The Fundamentals
In the United Kingdom, fiberglass is more aptly named « glass reinforced plastic » (GRP), which is litteraly what it is: fiberglass strands petrified in plastic.
Individually, both fiberglass strands and resins have weaknesses. Fiberglass strands are highly resistant along the strand, but break easily accross the fiber. Alone, the plastic is brittle and breaks under load. It is the combined force of the fiberglass and the plastic that gives fiberglass its solid mechanical properties (Elchakany, Yang and Pham, 2023).
The plastic used in fiberglass comes from resin, a chemically stable and viscous liquid. When the resin is combined with a catalyst or an hardener, the liquid becomes unstable and a chemical reaction occurs (often generating heat). Those interested in resins from an organic chemistry standpoint can read Wikipedia or CompositeWorld for a good summary (Wikipedia 1-3, n.d., CompositeWorld, n.d.). For the rest of us, the key point to remember is that resin is converted in solid plastic by mixing it with either a catalyst or an harderner. At the beginning of the curing process, which can last from minutes to hours, the resin is still liquid. During that period, one can mold several shapes of fiberglass before it solidifies.
It is also worth mentionning the obvious: neither plastic nor (fiber)glass rots, decays or corrodes. It is a very stable product. This is what led John Casey to write that « Wooden boats regularly die early deaths of natural causes; fiberglass boats must be assassinated. » (Casey, 2022).
When considering its strength, its ability to be shaped and its durability, it is understandable that fiberglass is the foundation of hulls and so many boat parts.
Fiberglass Strands
Fiberglass strands are usually organized like a fabric. They come in three basic forms: woven, chopped strand and combined. Woven fiberglass is such that the strands are knitted with a known pattern – most often perpendicular, similar to a chessboard – to increase its strenght in the direction of the pattern.
In a chopped strand fabric, the fiberglass strands are chopped and peppered randomly in a layer of polystyrene. If truly random, it increases the strength in all directions. The combined fabric is the combination of both: one layer of chopped strand combined with one layer of woven. Woven fabrics can be made of larger strands, allowing for tougher layers of fiberglass, while the chopped strand fabric is made of smaller strands. The « size » of the strands are referenced by their weight per unit of surface area: 18 oz fabric, 10 oz fabric, 6 oz fabric, and so on. The higher, the stronger is the fabric… and the harder it is to shape in place.
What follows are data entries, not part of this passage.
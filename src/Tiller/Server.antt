-- ===== src/Tiller/Server.antt =====
-- The parts of pkg/tiller/release_server.go that the operations share: the server's state, the
-- calls of the cluster, what is recorded of a release, and the checks of names and manifests.
-- What Tiller does not implement itself is `Env`. A call of the cluster is kept in `calls`, in
-- order, and the answer to a call may depend on all calls before it.
use helm.Common.{
  ℕ, Bytes, Bool, false, leb, ltb, ◌==◌, if◌then◌else◌, ◌&&◌, ◌||◌, not, Option, none, some, List,
  [], ◌∷◌, ◌++◌, length,
}
use helm.Common.Decimal.{Int32, Int64}
use helm.Release.{Release, Hook, Chart, Timestamp}
use helm.Result.{
  Error, Result, ok, err, Exec, missing_release, invalid_name, no_api_versions, attempt, ◌>>=◌,
  ◌>>◌,
}
use helm.Storage.Driver.{Driver}
use helm.Storage.Store
use helm.Storage.Store.{Store}

pub record UpdateOptions : Type 0 where
  pub force : Bool
  pub recreate : Bool
  pub timeout : Int64
  pub should_wait : Bool
  pub cleanup_on_fail : Bool

-- The calls of environment.KubeClient that the operations make, and the
-- discovery of API versions: of DeleteRelease, and of `capabilities`.
pub data Call : Type 0 where
  kube_create : (namespace manifest : Bytes) → (timeout : Int64) → (should_wait : Bool) → Call
  kube_get : (namespace manifest : Bytes) → Call
  kube_delete : (namespace manifest : Bytes) → Call
  kube_delete_with_timeout :
      (namespace manifest : Bytes) → (timeout : Int64) → (should_wait : Bool) → Call
  kube_watch_until_ready :
      (namespace manifest : Bytes) → (timeout : Int64) → (should_wait : Bool) → Call
  kube_update : (namespace original modified : Bytes) → UpdateOptions → Call
  kube_validate : (namespace manifest : Bytes) → Call
  kube_wait_until_crd_established : (manifest : Bytes) → (timeout : Int64) → Call
  discover_versions : Call
  server_version discover_resources : Call

-- chartutil.ReleaseOptions
pub record ReleaseOptions : Type 0 where
  pub name : Bytes
  pub time : Timestamp
  pub namespace : Bytes
  pub is_upgrade : Bool
  pub is_install : Bool
  pub revision : Int32

-- What renderResources returns without an error.
pub record Rendered : Type 0 where
  pub hooks : List Hook
  pub manifest : Bytes
  pub notes : Bytes

-- pkg/manifest.Manifest, with the parts of its head that are read here: its annotations, where it
-- has any, and its kind and the name of its metadata.
pub record Manifest : Type 0 where
  pub name : Bytes
  pub content : Bytes
  pub kind : Bytes
  pub metadata_name : Option Bytes
  pub annotations : List (Bytes × Bytes)

-- The world around the server.
pub record Env : Type 0 where
  -- the cluster's answer to a call after the calls before it: its error, if any, and its output
  pub reply : List Call → Call → Option Error
  pub output : List Call → Call → Bytes
  -- timeconv.Now
  pub now : List Call → Timestamp
  -- moniker.New().NameSep("-"), in the tries of one request
  pub name_sep : List Call → ℕ → Bytes
  -- chartutil.ToRenderValuesCaps and renderResources, with the capabilities that the calls before
  -- it asked for: the rendered chart, or an error beside the text that was rendered
  pub render : List Call → Chart → Option Bytes → Bool → ReleaseOptions → Result Rendered × Bytes
  -- chartutil.CoalesceValues and YAML
  pub coalesced_yaml : Option Chart → Option Bytes → Result Bytes
  -- chartutil.ReadValues of a request's values and of a release's, MergeInto and YAML
  pub merged_yaml : Option Bytes → Bytes → Result Bytes
  -- releaseutil.SplitManifests and sortManifests in UninstallOrder
  pub uninstall_manifests : Bytes → Result (List Manifest)

abbrev pub answer : Option Error → Result (Unit {0})
answer none = ok tt
answer (some e) = err e

abbrev pub release_name_max_len : ℕ
release_name_max_len = 53

abbrev is_alnum : ℕ → Bool
is_alnum c =
    (leb b'A' c && leb c b'Z') || ((leb b'a' c && leb c b'z') || (leb b'0' c && leb c b'9'))

abbrev is_name_byte : ℕ → Bool
is_name_byte c = is_alnum c || (c == b'-' || (c == b'_' || c == b'.'))

name_rest : ℕ → Bytes → Bool
name_rest c [] = is_alnum c
name_rest c (d ∷ s) = is_name_byte c && name_rest d s

-- ValidName.MatchString, of ^(([A-Za-z0-9][-A-Za-z0-9_.]*)?[A-Za-z0-9])+$: letters, digits, and
-- between the first and the last byte also `-`, `_` and `.`
unfoldable pub valid_name : Bytes → Bool
unfolding name_rest
valid_name [] = false
valid_name (c ∷ s) = is_alnum c && name_rest c s

unfoldable pub validate_release_name : Bytes → Result (Unit {0})
unfolding valid_name
validate_release_name [] = err missing_release
validate_release_name (c ∷ s) =
    if not (valid_name (c ∷ s)) || ltb release_name_max_len (length (c ∷ s))
    then err invalid_name
    else ok tt

module _ (D : Driver) where
  pub record Server : Type 0 where
    pub store : Store D
    pub calls : List Call

  abbrev pub Action : Type 0 → Type 0
  Action A = Exec Server A

  -- an operation of `s.env.Releases`
  abbrev pub on_store : {A : Type 0} → Exec (Store D) A → Action A
  on_store m s = let (r, store') = m s.store in (r, record s { store = store' })

  -- a reading of `s.env.Releases`
  abbrev pub from_store : {A : Type 0} → (Store D → Result A) → Action A
  from_store f s = (f s.store, s)

  -- recordRelease: an error is logged and dropped
  unfoldable pub record_release : Release → Bool → Server → Server
  unfolding Store.update Store.create
  record_release r reuse s =
      if reuse
      then record s { store = (Store.update D r s.store).1 }
      else record s { store = (Store.create D r s.store).1 }

  abbrev pub recorded : Release → Bool → Action (Unit {0})
  recorded r reuse s = (ok tt, record_release r reuse s)

  module _ (env : Env) where
    unfoldable pub kube : Call → Action (Unit {0})
    kube c s = (answer (env.reply s.calls c), record s { calls = s.calls ++ c ∷ [] })

    abbrev pub current_time : Action Timestamp
    current_time s = (ok (env.now s.calls), s)

    abbrev pub versions_found : Result (Unit {0}) → Action (Unit {0})
    versions_found (ok _) s = (ok tt, s)
    versions_found (err e) s = (err (no_api_versions e), s)

    -- capabilities: it asks for the version of the API server, then for the versions that it serves
    unfoldable pub capabilities : Action (Unit {0})
    unfolding kube
    capabilities = kube server_version >> (attempt (kube discover_resources) >>= versions_found)

    -- validateManifest
    unfoldable pub validate_manifest : Bytes → Bytes → Action (Unit {0})
    unfolding kube
    validate_manifest ns manifest = kube (kube_validate ns manifest)
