-- ===== src/Chartutil/Render.antt =====
-- ToRenderValuesCaps of pkg/chartutil/values.go: the values that templates see.
use helm.Common.{Bytes, codes, Option}
use helm.Common.Decimal.{itoa, format}
use helm.Result.{Result, bind, ok}
use helm.Chartutil.Value.{Value, Fields, bool, number, text, table, values, end, field}
use helm.Chartutil.Coalesce.{Chart, coalesce_all, entries}
use helm.Tiller.Server.{ReleaseOptions}

-- the table "Release"; a time is its seconds
abbrev pub release_table : ReleaseOptions → Fields
release_table o = field (codes "Name") (text o.name) (
    field (codes "Time") (number (format o.time)) (
      field (codes "Namespace") (text o.namespace) (
        field (codes "IsUpgrade") (bool o.is_upgrade) (
          field (codes "IsInstall") (bool o.is_install) (
            field (codes "Revision") (number (itoa o.revision))
              (field (codes "Service") (text (codes "Tiller")) end))))))

-- `metadata`, `files` and `capabilities` stand for the Go structs of these names. The map that is
-- returned beside an error is not kept.
unfoldable pub to_render_values_caps :
    (read_values : Bytes → Result Fields) (metadata files capabilities : Value) (c : Chart)
    (vals : Option Bytes)
    → ReleaseOptions
    → Result Fields
to_render_values_caps read_values metadata files capabilities c vals options =
    bind (coalesce_all read_values c vals) λ r. ok (
      field (codes "Release") (table (release_table options)) (
        field (codes "Chart") metadata (
          field (codes "Files") files (
            field (codes "Capabilities") capabilities
              (field (codes "Values") (values (entries r)) end)))))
That is the advantage of the chopped strand mat. Some resins dissolve polystyrene (the ester type described below), freeing the chopped mat strands during the application. It thus makes the strands much more pliable during the application and thus fits acute angles better. If one needs to fiberglass two perpendicular pieces of wood together, chopped strand mat would be a very well suited material. For structural work such as on the hull or on engine bearers, woven fiberglass is better suited.
I am not aware of commercial differences regarding fiberglass mats and strands. I think of it like spaghettis: there may be small differences through brands, but in general terms, the sauce is what differentiates one spaghetti recipe from another. For fiberglass, resin differentiates the final product much more than the fiberglass brands.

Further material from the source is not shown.